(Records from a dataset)
»»
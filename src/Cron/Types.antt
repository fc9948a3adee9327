-- ===== src/Cron/Types.antt =====
-- nanobot/cron/types.py: the data of the cron service. Times are in milliseconds.
use eeebot_self_evolving.Prelude.{Bool, Option, none, String, List, []}
use eeebot_self_evolving.Prelude.Int.{ℤ}

-- The literal kinds of a schedule.
pub data ScheduleKind : Type 0 where
  at every cron : ScheduleKind

pub record CronSchedule : Type 0 where
  pub kind : ScheduleKind
  pub at_ms : Option ℤ
  pub every_ms : Option ℤ
  pub expr : Option String
  pub tz : Option String

pub data PayloadKind : Type 0 where
  system_event agent_turn : PayloadKind

pub record CronPayload : Type 0 where
  pub kind : PayloadKind
  pub message : String
  pub deliver : Bool
  pub channel : Option String
  pub to : Option String

pub data RunStatus : Type 0 where
  ok error skipped : RunStatus

pub record CronRunRecord : Type 0 where
  pub run_at_ms : ℤ
  pub status : RunStatus
  pub duration_ms : ℤ
  pub error : Option String

pub record CronJobState : Type 0 where
  pub next_run_at_ms : Option ℤ
  pub last_run_at_ms : Option ℤ
  pub last_status : Option RunStatus
  pub last_error : Option String
  pub run_history : List CronRunRecord

pub record CronJob : Type 0 where
  pub id : String
  pub name : String
  pub enabled : Bool
  pub schedule : CronSchedule
  pub payload : CronPayload
  pub state : CronJobState
  pub created_at_ms : ℤ
  pub updated_at_ms : ℤ
  pub delete_after_run : Bool

abbrev pub no_state : CronJobState
no_state = record {
  next_run_at_ms = none;
  last_run_at_ms = none;
  last_status = none;
  last_error = none;
  run_history = [];
}
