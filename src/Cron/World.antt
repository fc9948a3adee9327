-- ===== src/Cron/World.antt =====
-- What the cron service calls outside this repository.
use eeebot_self_evolving.Prelude.{ℕ, Bool, Option, String}
use eeebot_self_evolving.Prelude.Int.{ℤ}

-- The clock, uuid4, zoneinfo, croniter and the file system's modification times. Each call of the
-- clock, of uuid4 and each write of the store file has its own number.
pub record World : Type 0 where
  pub now_ms : ℕ → ℤ
  pub new_id : ℕ → String
  pub zone_known : String → Bool
  -- `croniter(expr, base).get_next()`, with an optional zone name; `none` if anything raises.
  pub cron_next : String → Option String → ℤ → Option ℤ
  pub mtime : ℕ → ℕ
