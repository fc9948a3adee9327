-- ===== src/Cron/Doc.antt =====
-- The JSON document that `_save_store` writes and `_load_store` reads, with its keys as optional
-- fields: `none` is a missing key, and for a nullable key also `null`.
use eeebot_self_evolving.Prelude.{
  Bool, true, false, Option, none, some, String, List, [], ◌∷◌, map, or_else,
}
use eeebot_self_evolving.Prelude.Int.{ℤ, pos}
use eeebot_self_evolving.Cron.Types.{
  ScheduleKind, CronSchedule, PayloadKind, agent_turn, CronPayload, RunStatus, CronRunRecord,
  CronJobState, CronJob,
}

pub record ScheduleDoc : Type 0 where
  pub kind : Option ScheduleKind
  pub at_ms : Option ℤ
  pub every_ms : Option ℤ
  pub expr : Option String
  pub tz : Option String

pub record PayloadDoc : Type 0 where
  pub kind : Option PayloadKind
  pub message : Option String
  pub deliver : Option Bool
  pub channel : Option String
  pub to : Option String

pub record RunDoc : Type 0 where
  pub run_at_ms : Option ℤ
  pub status : Option RunStatus
  pub duration_ms : Option ℤ
  pub error : Option String

pub record StateDoc : Type 0 where
  pub next_run_at_ms : Option ℤ
  pub last_run_at_ms : Option ℤ
  pub last_status : Option RunStatus
  pub last_error : Option String
  pub run_history : Option (List RunDoc)

pub record JobDoc : Type 0 where
  pub id : Option String
  pub name : Option String
  pub enabled : Option Bool
  pub schedule : Option ScheduleDoc
  pub payload : Option PayloadDoc
  pub state : Option StateDoc
  pub created_at_ms : Option ℤ
  pub updated_at_ms : Option ℤ
  pub delete_after_run : Option Bool

infixl 5 ◌>>=◌
abbrev pub ◌>>=◌ {ℓ κ} : {A : Type ℓ} {B : Type κ} → Option A → (A → Option B) → Option B
none >>= f = none
some a >>= f = f a

-- `[f(x) for x in xs]`, where `f` may raise.
abbrev pub each {ℓ κ} : {A : Type ℓ} {B : Type κ} → (A → Option B) → List A → Option (List B)
each f [] = some []
each f (x ∷ xs) = do y ← f x; ys ← each f xs; some (y ∷ ys)

unfoldable pub decode_schedule : ScheduleDoc → Option CronSchedule
decode_schedule d = do
  kind ← d.kind
  some (record { kind = kind; at_ms = d.at_ms; every_ms = d.every_ms; expr = d.expr; tz = d.tz })

unfoldable pub decode_payload : PayloadDoc → CronPayload
decode_payload d = record {
  kind = or_else d.kind agent_turn;
  message = or_else d.message "";
  deliver = or_else d.deliver false;
  channel = d.channel;
  to = d.to;
}

unfoldable pub decode_run : RunDoc → Option CronRunRecord
decode_run d = do
  at ← d.run_at_ms
  status ← d.status
  some (record {
    run_at_ms = at;
    status = status;
    duration_ms = or_else d.duration_ms (pos 0);
    error = d.error;
  })

abbrev pub no_state_doc : StateDoc
no_state_doc = record {
  next_run_at_ms = none;
  last_run_at_ms = none;
  last_status = none;
  last_error = none;
  run_history = none;
}

unfoldable pub decode_state : StateDoc → Option CronJobState
unfolding decode_run
decode_state d = do
  history ← each decode_run (or_else d.run_history [])
  some (record {
    next_run_at_ms = d.next_run_at_ms;
    last_run_at_ms = d.last_run_at_ms;
    last_status = d.last_status;
    last_error = d.last_error;
    run_history = history;
  })

-- One job of the document; `none` is the `KeyError` of a missing key.
unfoldable pub decode_job : JobDoc → Option CronJob
unfolding decode_schedule decode_payload decode_state
decode_job d = do
  id ← d.id
  name ← d.name
  schedule_doc ← d.schedule
  schedule ← decode_schedule schedule_doc
  payload_doc ← d.payload
  state ← decode_state (or_else d.state no_state_doc)
  some (record {
    id = id;
    name = name;
    enabled = or_else d.enabled true;
    schedule = schedule;
    payload = decode_payload payload_doc;
    state = state;
    created_at_ms = or_else d.created_at_ms (pos 0);
    updated_at_ms = or_else d.updated_at_ms (pos 0);
    delete_after_run = or_else d.delete_after_run false;
  })

unfoldable pub encode_run : CronRunRecord → RunDoc
encode_run r = record {
  run_at_ms = some r.run_at_ms;
  status = some r.status;
  duration_ms = some r.duration_ms;
  error = r.error;
}

unfoldable pub encode_job : CronJob → JobDoc
unfolding encode_run
encode_job j = record {
  id = some j.id;
  name = some j.name;
  enabled = some j.enabled;
  schedule = some (record {
    kind = some j.schedule.kind;
    at_ms = j.schedule.at_ms;
    every_ms = j.schedule.every_ms;
    expr = j.schedule.expr;
    tz = j.schedule.tz;
  });
  payload = some (record {
    kind = some j.payload.kind;
    message = some j.payload.message;
    deliver = some j.payload.deliver;
    channel = j.payload.channel;
    to = j.payload.to;
  });
  state = some (record {
    next_run_at_ms = j.state.next_run_at_ms;
    last_run_at_ms = j.state.last_run_at_ms;
    last_status = j.state.last_status;
    last_error = j.state.last_error;
    run_history = some (map encode_run j.state.run_history);
  });
  created_at_ms = some j.created_at_ms;
  updated_at_ms = some j.updated_at_ms;
  delete_after_run = some j.delete_after_run;
}
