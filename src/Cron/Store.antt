-- ===== src/Cron/Store.antt =====
-- The state of `CronService` and its store file: `_load_store` and `_save_store`.
-- Python's job objects are shared: the store lists references, and `heap` holds what they refer to.
use eeebot_self_evolving.Prelude.{
  ℕ, suc, Bool, Option, none, some, List, [], ◌∷◌, map, ◌==◌, if◌then◌else◌, or_else,
}
use eeebot_self_evolving.Prelude.Int.{ℤ}
use eeebot_self_evolving.Prelude.Effects.{Method, ok}
use eeebot_self_evolving.Cron.Types.{CronJob}
use eeebot_self_evolving.Cron.World.{World}
use eeebot_self_evolving.Cron.Doc.{JobDoc, each, decode_job, encode_job}

-- `unreadable`: reading or parsing the file raises. `jobs` is the list under the key "jobs",
-- empty if the key is missing.
pub data Content : Type 0 where
  unreadable : Content
  jobs : List JobDoc → Content

pub record StoreFile : Type 0 where
  pub content : Content
  pub mtime : ℕ

pub record Service : Type 0 where
  -- `_store`: the references to its jobs
  pub store : Option (List ℕ)
  pub heap : ℕ → CronJob
  pub next_ref : ℕ
  -- what stands at `store_path`
  pub file : Option StoreFile
  pub last_mtime : ℕ
  pub running : Bool
  -- the delay of the live timer task, in milliseconds
  pub timer : Option ℤ
  -- the numbers of the next clock call, the next uuid4 call and the next write
  pub reads : ℕ
  pub ids : ℕ
  pub writes : ℕ

abbrev pub Cron : Type 0 → Type 0
Cron = Method Service

-- `heap[r]` after an assignment through the reference `r`.
abbrev pub update : (ℕ → CronJob) → ℕ → CronJob → ℕ → CronJob
update heap r job q = if q == r then job else heap q

abbrev pub jobs_of : Service → List CronJob
jobs_of s = map s.heap (or_else s.store [])

unfoldable pub read_jobs : Option StoreFile → List CronJob
read_jobs none = []
read_jobs (some f) = elim f.content [
  | unreadable ↦ []
  | jobs docs ↦ or_else (each decode_job docs) []
]

-- One new object.
abbrev pub with_object : CronJob → Service → Service
with_object job s = record s { heap = update s.heap s.next_ref job; next_ref = suc s.next_ref }

-- New objects for a list of jobs.
unfoldable pub allocate : List CronJob → Service → List ℕ × Service
allocate [] s = ([], s)
allocate (job ∷ rest) s =
    let (refs, s') = allocate rest (with_object job s) in (s.next_ref ∷ refs, s')

-- The store in memory, unless the file has another modification time.
unfoldable pub cached : Service → Option (List ℕ)
cached s = elim s.store [
  | none ↦ none
  | some refs ↦ elim s.file [
    | none ↦ some refs
    | some f ↦ if f.mtime == s.last_mtime then some refs else none
  ]
]

reload : Option (List ℕ) → Cron (List ℕ)
reload (some refs) s = (ok refs, record s { store = some refs })
reload none s =
    let (refs, s') = allocate (read_jobs s.file) s in (ok refs, record s' { store = some refs })

unfoldable pub load_store : Cron (List ℕ)
unfolding reload
load_store s = reload (cached s) s

module _ (w : World) where
  write_store : Option (List ℕ) → Cron Unit
  write_store none s = (ok tt, s)
  write_store (some refs) s = (
    ok tt,
    record s {
      file =
          some (record {
            content = jobs (map encode_job (map s.heap refs));
            mtime = w.mtime s.writes;
          });
      last_mtime = w.mtime s.writes;
      writes = suc s.writes;
    },
  )

  unfoldable pub save_store : Cron Unit
  unfolding write_store
  save_store s = write_store s.store s

  -- `_now_ms()`
  unfoldable pub now_ms : Cron ℤ
  now_ms s = (ok (w.now_ms s.reads), record s { reads = suc s.reads })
««
Reproduce exactly, please, only the lines from the start of the data above to the line that contains "pub kind : ScheduleKind", with both ends kept.

- _RESPONSE BOX_
filename src/Cron/Types.antt
repository fc9948a3adee9327
-- ===== src/Cron/Types.antt =====
-- nanobot/cron/types.py: the data of the cron service. Times are in milliseconds.
use eeebot_self_evolving.Prelude.{Bool, Option, none, String, List, []}
use eeebot_self_evolving.Prelude.Int.{ℤ}

-- The literal kinds of a schedule.
pub data ScheduleKind : Type 0 where
  at every cron : ScheduleKind

pub record CronSchedule : Type 0 where
  pub kind : ScheduleKind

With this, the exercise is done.